• [Work order] With the first line below as the start and the line containing "pub link : DbLink" as the end, copy every line between them exactly, ends included.

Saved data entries
++++

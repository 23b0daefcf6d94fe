-- ===== src/Catalog/Calls.antt =====
-- What sequences of calls of `create`, `openIndex` and `closeIndex` come to, where the strings hold
-- their contents from one call to the next.
use ccpbtree.Base.{
  ℕ, suc, ◌+◌, ◌≡◌, refl, ◌⊎◌, ap, sym, ◌∙◌, Bool, true, false, inl, inr, Bool-cases, none, some,
  [], ◌∷◌, ◌++◌, if◌then◌else◌, arith, ℤ, pos, ◌<◌,
}
use ccpbtree.Server.{success, db_exists, failure, KeyType, other, Text, text_eq, zero_key}
use ccpbtree.Catalog.{
  Strings, DbLink, Catalog, IdxState, returns, blocked, found, at_end, find_link, look_up,
  set_threads, create, open_index, close_index,
}
use ccpbtree.Catalog.Links.{
  eq_of_text_eq, look_up_read, find_link-append, find_link-append_other, find_link-set_threads,
  set_threads-set_threads, set_threads_same,
}

-- The string at `q` is the name; an index of the name is there, the mutex is free, and `n` opens are
-- counted.
pub record Counted (b : Strings) (c : Catalog) (q : ℕ) (name : Text) (n : ℤ) : Type 0 where
  pub read : b q ≡ some name
  pub free : c.locked ≡ false
  pub link : DbLink
  pub linked : find_link b name c.links ≡ found link
  pub count : link.num_open_threads ≡ n

abbrev pub new_link : Catalog → KeyType → ℕ → DbLink
new_link c type q = record {
  name = q;
  nbt = c.next_tree;
  type = type;
  num_open_threads = pos 0;
  in_use = 0;
}

abbrev pub added : Catalog → KeyType → ℕ → Catalog
added c type q = record c {
  error_log = true;
  next_tree = c.next_tree + 1;
  links = c.links ++ (new_link c type q ∷ []);
}

pub create-added :
    (log_opens : Bool) (type : KeyType) (b : Strings) (q : ℕ) (c c' : Catalog)
    → create log_opens type b q c ≡ returns success tt c'
    → (c.locked ≡ false) × (look_up b q c.links ≡ at_end) × (c' ≡ added c type q)
unfolding create
create-added log_opens type b q c c' h = ground arith

pub added-Counted :
    (type : KeyType) (b : Strings) (q : ℕ) (name : Text) (c : Catalog)
    → b q ≡ some name
    → c.locked ≡ false
    → find_link b name c.links ≡ at_end
    → Counted b (added c type q) q name (pos 0)
added-Counted type b q name c read free absent = record {
  read = read;
  free = free;
  link = new_link c type q;
  linked = find_link-append b name c.links (new_link c type q) absent read;
  count = refl;
}

by_name :
    (type : KeyType) (b : Strings) (q : ℕ) (key name : Text) (c : Catalog)
    → b q ≡ some name
    → find_link b key (added c type q).links ≡ (
        if text_eq key name
        then find_link b name (added c type q).links
        else find_link b key c.links)
by_name type b q key name c read = elim (Bool-cases (text_eq key name)) [
  | inl same ↦ rw (same, eq_of_text_eq key name same)
  | inr different ↦
      rw different (find_link-append_other b key name c.links (new_link c type q) read different)
]

-- A name that is there is refused.
create-found :
    (log_opens : Bool) (type : KeyType) (b : Strings) (q : ℕ) (name : Text) (c : Catalog) (n : ℤ)
    → Counted b c q name n
    → create log_opens type b q c ≡ returns db_exists tt c
unfolding create
create-found log_opens type b q name c n k =
    ground (arith, k.free, k.linked, look_up_read b q name c.links k.read)

-- After a successful `create` with a string that is there, while the strings keep their contents:
-- the index is there with no opens, a second `create` of the name is refused with DB_EXISTS and
-- changes nothing, and every other index is as before.
pub create-create :
    (log_opens again : Bool) (type type' : KeyType) (b : Strings) (q : ℕ) (name : Text)
    (c c' : Catalog)
    → b q ≡ some name
    → create log_opens type b q c ≡ returns success tt c'
    → Counted b c' q name (pos 0)
      × (create again type' b q c' ≡ returns db_exists tt c')
      × ((key : Text)
          → find_link b key c'.links
            ≡ (if text_eq key name then find_link b name c'.links else find_link b key c.links))
create-create log_opens again type type' b q name c c' read h =
    let (free, absent, e) = create-added log_opens type b q c c' h in
    let none_yet = sym (look_up_read b q name c.links read) ∙ absent in
    let there = added-Counted type b q name c read free none_yet in
    rw e (
      there,
      create-found again type' b q name (added c type q) (pos 0) there,
      λ key. by_name type b q key name c read,
    )

-- `create` of a new name with a number that is no `KeyType`, where the mutex is free and the
-- error log is open or can be opened, fails with the mutex taken: no later call of `create`,
-- `openIndex` or `closeIndex` returns, whatever the strings hold by then.
pub create-other :
    (log_opens : Bool) (n : ℕ) (b : Strings) (q : ℕ) (c : Catalog)
    → c.locked ≡ false
    → look_up b q c.links ≡ at_end
    → (log_opens ≡ true) ⊎ (c.error_log ≡ true)
    → (c' : Catalog) × (create log_opens (other n) b q c ≡ returns failure tt c')
      × ((log : Bool) (type : KeyType) (d : Strings) (key : ℕ) → create log type d key c' ≡ blocked)
      × ((d : Strings) (key : ℕ) → open_index d key c' ≡ blocked)
      × ((d : Strings) (s : IdxState) → close_index d s c' ≡ blocked)
unfolding create open_index close_index
create-other log_opens n b q c free absent log = (
  record c { locked = true; error_log = true },
  ground arith,
  λ log type d key. refl,
  λ d key. refl,
  λ d s. refl,
)

abbrev pub with_count : Strings → Catalog → ℕ → ℤ → Catalog
with_count b c q n = record c { links = set_threads b q n c.links }

with_count-Counted :
    (b : Strings) (c : Catalog) (q : ℕ) (name : Text) (m n : ℤ)
    → Counted b c q name m
    → Counted b (with_count b c q n) q name n
with_count-Counted b c q name m n k = record {
  read = k.read;
  free = k.free;
  link = record k.link { num_open_threads = n };
  linked = find_link-set_threads b q name n c.links k.link k.read k.linked;
  count = refl;
}

abbrev handle : DbLink → ℕ → IdxState
handle l q = record {
  nbt = some l.nbt;
  type = l.type;
  db_name = q;
  tid = 0;
  last_key = zero_key;
  key_not_found = 0;
  in_use = 0;
}

-- The first `openIndex` of an index succeeds.
open_index-first :
    (b : Strings) (c : Catalog) (q : ℕ) (name : Text) (k : Counted b c q name (pos 0))
    → open_index b q c ≡ returns success (some (handle k.link q)) (with_count b c q (pos 1))
unfolding open_index
open_index-first b c q name k =
    ground (arith, k.free, k.linked, k.count, look_up_read b q name c.links k.read)

-- While a count stands, `openIndex` fails, and counts all the same.
open_index-busy :
    (b : Strings) (c : Catalog) (q : ℕ) (name : Text) (n : ℕ)
    → suc n < 0x7FFFFFFF
    → Counted b c q name (pos (suc n))
    → open_index b q c ≡ returns failure none (with_count b c q (pos (suc (suc n))))
unfolding open_index
open_index-busy b c q name n small k =
    ground (arith, k.free, k.linked, k.count, look_up_read b q name c.links k.read)

close_index-count :
    (b : Strings) (c : Catalog) (s : IdxState) (name : Text) (n : ℕ)
    → Counted b c s.db_name name (pos (suc n))
    → close_index b s c
      ≡ returns success (record s { nbt = none }) (with_count b c s.db_name (pos n))
unfolding close_index
close_index-count b c s name n k =
    ground (arith, k.free, k.linked, k.count, look_up_read b s.db_name name c.links k.read)

-- For an index without opens, where the mutex is free and the strings keep their contents: the
-- first `openIndex` succeeds with a handle of the tree that the list has for the index, and
-- `closeIndex` of that handle takes the list of indexes back to what it was.
pub open_index-close_index :
    (b : Strings) (c : Catalog) (q : ℕ) (name : Text) (k : Counted b c q name (pos 0))
    → (s : IdxState) × (c' : Catalog) × (open_index b q c ≡ returns success (some s) c')
      × (s.nbt ≡ some k.link.nbt)
      × (close_index b s c' ≡ returns success (record s { nbt = none }) c)
open_index-close_index b c q name k = (
  handle k.link q,
  with_count b c q (pos 1),
  open_index-first b c q name k,
  refl,
  close_index-count b (with_count b c q (pos 1)) (handle k.link q) name 0
        (with_count-Counted b c q name (pos 0) (pos 1) k)
      ∙ ap
          (λ ls.
            returns success (record (handle k.link q) { nbt = none }) (record c { links = ls }))
          (set_threads-set_threads b q (pos 1) (pos 0) c.links
            ∙ ap (λ n. set_threads b q n c.links) (sym k.count)
            ∙ set_threads_same b q name c.links k.link k.read k.linked),
)

-- For an index without opens, where the mutex is free and the strings keep their contents: a second
-- `openIndex` fails but is counted, so that when the one handle has been closed, the index still
-- cannot be opened.
pub open_index-leaks :
    (b : Strings) (c : Catalog) (q : ℕ) (name : Text)
    → Counted b c q name (pos 0)
    → (s : IdxState) × (c₁ : Catalog) × (c₂ : Catalog) × (c₃ : Catalog) × (c₄ : Catalog)
      × (open_index b q c ≡ returns success (some s) c₁)
      × (open_index b q c₁ ≡ returns failure none c₂)
      × (close_index b s c₂ ≡ returns success (record s { nbt = none }) c₃)
      × (open_index b q c₃ ≡ returns failure none c₄)
open_index-leaks b c q name k =
    let k₁ = with_count-Counted b c q name (pos 0) (pos 1) k in
    let k₂ = with_count-Counted b (with_count b c q (pos 1)) q name (pos 1) (pos 2) k₁ in
    let k₃ =
      with_count-Counted b (with_count b (with_count b c q (pos 1)) q (pos 2)) q name (pos 2)
        (pos 1) k₂ in
    (
      handle k.link q,
      with_count b c q (pos 1),
      with_count b (with_count b c q (pos 1)) q (pos 2),
      with_count b (with_count b (with_count b c q (pos 1)) q (pos 2)) q (pos 1),
      with_count b (with_count b (with_count b (with_count b c q (pos 1)) q (pos 2)) q (pos 1)) q
          (pos 2),
      open_index-first b c q name k,
      open_index-busy b (with_count b c q (pos 1)) q name 0 (omega arith) k₁,
      close_index-count b (with_count b (with_count b c q (pos 1)) q (pos 2)) (handle k.link q) name
          1 k₂,
      open_index-busy b (with_count b (with_count b (with_count b c q (pos 1)) q (pos 2)) q (pos 1))
          q name 0 (omega arith) k₃,
    )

++++

• [Task solution]
repository 23b0daefcf6d94fe
-- ===== src/Catalog/Calls.antt =====
-- What sequences of calls of `create`, `openIndex` and `closeIndex` come to, where the strings hold
-- their contents from one call to the next.
use ccpbtree.Base.{
  ℕ, suc, ◌+◌, ◌≡◌, refl, ◌⊎◌, ap, sym, ◌∙◌, Bool, true, false, inl, inr, Bool-cases, none, some,
  [], ◌∷◌, ◌++◌, if◌then◌else◌, arith, ℤ, pos, ◌<◌,
}
use ccpbtree.Server.{success, db_exists, failure, KeyType, other, Text, text_eq, zero_key}
use ccpbtree.Catalog.{
  Strings, DbLink, Catalog, IdxState, returns, blocked, found, at_end, find_link, look_up,
  set_threads, create, open_index, close_index,
}
use ccpbtree.Catalog.Links.{
  eq_of_text_eq, look_up_read, find_link-append, find_link-append_other, find_link-set_threads,
  set_threads-set_threads, set_threads_same,
}

-- The string at `q` is the name; an index of the name is there, the mutex is free, and `n` opens are
-- counted.
pub record Counted (b : Strings) (c : Catalog) (q : ℕ) (name : Text) (n : ℤ) : Type 0 where
  pub read : b q ≡ some name
  pub free : c.locked ≡ false
  pub link : DbLink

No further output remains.